Work task — Give back exactly the lines that start at the one containing "ap (λ k. take" and run to the end of the material below, both ends included.

━━━ Dataset extract

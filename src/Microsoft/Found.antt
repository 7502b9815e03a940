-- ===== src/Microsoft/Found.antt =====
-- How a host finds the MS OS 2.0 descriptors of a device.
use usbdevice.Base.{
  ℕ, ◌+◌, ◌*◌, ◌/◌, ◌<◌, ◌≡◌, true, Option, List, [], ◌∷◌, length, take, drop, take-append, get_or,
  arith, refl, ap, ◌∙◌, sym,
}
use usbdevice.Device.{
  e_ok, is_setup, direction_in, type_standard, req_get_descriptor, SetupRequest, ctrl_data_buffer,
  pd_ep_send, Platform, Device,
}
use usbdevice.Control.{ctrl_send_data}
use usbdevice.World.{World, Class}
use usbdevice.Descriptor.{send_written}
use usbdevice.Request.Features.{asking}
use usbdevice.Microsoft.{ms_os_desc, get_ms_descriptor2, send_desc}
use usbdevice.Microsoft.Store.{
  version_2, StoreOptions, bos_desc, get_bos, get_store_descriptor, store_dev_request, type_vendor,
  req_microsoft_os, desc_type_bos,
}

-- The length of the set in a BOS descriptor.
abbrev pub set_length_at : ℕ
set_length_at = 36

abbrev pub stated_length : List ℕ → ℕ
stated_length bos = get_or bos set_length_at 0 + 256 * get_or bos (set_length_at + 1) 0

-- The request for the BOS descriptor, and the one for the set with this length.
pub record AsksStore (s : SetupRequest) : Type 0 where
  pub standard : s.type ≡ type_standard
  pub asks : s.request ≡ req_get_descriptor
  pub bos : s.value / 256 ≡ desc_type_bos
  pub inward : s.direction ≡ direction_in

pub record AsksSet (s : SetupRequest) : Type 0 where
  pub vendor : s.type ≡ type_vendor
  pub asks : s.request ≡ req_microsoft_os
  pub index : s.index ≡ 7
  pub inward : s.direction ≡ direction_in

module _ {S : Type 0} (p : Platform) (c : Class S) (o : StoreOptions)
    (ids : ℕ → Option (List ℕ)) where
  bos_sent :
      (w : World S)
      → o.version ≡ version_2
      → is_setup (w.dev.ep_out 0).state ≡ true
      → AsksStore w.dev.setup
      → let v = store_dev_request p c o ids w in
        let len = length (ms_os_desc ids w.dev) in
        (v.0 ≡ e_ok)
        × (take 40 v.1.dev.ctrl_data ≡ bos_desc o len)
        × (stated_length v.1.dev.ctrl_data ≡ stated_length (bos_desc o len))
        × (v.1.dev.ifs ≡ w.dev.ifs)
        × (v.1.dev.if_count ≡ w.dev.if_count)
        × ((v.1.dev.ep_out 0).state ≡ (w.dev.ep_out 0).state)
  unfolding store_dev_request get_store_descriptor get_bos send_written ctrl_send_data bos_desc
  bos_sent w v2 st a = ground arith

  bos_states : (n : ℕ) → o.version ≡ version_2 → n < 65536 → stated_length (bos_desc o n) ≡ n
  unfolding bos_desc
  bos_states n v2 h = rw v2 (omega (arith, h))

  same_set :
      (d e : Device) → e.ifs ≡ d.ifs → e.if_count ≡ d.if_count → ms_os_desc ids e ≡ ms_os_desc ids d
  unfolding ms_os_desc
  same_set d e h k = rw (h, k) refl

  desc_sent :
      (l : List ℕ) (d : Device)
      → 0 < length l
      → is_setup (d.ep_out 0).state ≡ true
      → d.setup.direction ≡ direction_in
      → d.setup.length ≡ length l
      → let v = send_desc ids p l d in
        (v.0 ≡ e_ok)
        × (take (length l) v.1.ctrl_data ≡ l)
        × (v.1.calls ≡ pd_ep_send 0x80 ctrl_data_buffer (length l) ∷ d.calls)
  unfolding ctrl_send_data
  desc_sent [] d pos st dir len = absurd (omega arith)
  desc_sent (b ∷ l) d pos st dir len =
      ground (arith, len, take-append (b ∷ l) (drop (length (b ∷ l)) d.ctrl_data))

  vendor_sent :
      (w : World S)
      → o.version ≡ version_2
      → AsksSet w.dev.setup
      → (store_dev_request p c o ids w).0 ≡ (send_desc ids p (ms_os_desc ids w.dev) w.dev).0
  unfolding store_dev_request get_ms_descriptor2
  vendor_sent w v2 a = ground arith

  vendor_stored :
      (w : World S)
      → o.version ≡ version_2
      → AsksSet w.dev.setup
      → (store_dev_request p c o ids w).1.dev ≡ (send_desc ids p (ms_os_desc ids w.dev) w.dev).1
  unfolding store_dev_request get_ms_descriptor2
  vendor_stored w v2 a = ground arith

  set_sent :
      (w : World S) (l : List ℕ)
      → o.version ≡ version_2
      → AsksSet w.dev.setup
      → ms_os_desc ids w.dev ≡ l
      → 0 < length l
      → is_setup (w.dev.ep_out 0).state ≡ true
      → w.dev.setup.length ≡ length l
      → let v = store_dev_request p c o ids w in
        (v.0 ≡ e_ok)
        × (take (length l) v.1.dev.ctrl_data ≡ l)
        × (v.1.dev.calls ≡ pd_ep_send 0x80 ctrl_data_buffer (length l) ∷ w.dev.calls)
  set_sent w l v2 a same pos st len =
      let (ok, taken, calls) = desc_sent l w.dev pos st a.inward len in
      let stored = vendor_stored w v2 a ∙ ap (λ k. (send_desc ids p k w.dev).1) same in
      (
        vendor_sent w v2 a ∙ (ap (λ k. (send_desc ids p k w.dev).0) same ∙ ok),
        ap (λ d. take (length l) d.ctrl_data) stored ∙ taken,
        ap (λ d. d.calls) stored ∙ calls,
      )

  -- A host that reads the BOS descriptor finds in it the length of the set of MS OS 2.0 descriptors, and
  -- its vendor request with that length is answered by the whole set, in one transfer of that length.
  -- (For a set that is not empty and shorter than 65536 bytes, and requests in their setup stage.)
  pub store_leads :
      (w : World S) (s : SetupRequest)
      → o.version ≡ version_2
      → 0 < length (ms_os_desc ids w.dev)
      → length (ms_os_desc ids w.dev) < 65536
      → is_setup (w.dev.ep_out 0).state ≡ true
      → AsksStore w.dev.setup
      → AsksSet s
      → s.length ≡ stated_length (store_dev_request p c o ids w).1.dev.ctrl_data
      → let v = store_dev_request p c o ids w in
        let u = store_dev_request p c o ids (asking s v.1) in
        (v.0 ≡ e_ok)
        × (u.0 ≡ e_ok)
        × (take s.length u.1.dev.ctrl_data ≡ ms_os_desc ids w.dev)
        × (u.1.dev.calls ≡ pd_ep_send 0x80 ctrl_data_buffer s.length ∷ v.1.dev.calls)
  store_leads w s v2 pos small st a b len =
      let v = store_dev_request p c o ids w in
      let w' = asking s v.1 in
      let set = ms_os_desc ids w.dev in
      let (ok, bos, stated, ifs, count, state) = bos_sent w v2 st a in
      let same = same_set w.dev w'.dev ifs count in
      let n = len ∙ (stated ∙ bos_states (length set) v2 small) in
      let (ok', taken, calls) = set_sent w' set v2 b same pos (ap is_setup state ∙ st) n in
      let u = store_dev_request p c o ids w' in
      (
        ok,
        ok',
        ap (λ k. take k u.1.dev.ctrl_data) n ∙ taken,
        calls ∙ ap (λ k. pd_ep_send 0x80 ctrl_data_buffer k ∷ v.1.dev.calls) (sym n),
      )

━━━━━━

Answer to this problem —
        ap (λ k. take k u.1.dev.ctrl_data) n ∙ taken,
        calls ∙ ap (λ k. pd_ep_send 0x80 ctrl_data_buffer k ∷ v.1.dev.calls) (sym n),
      )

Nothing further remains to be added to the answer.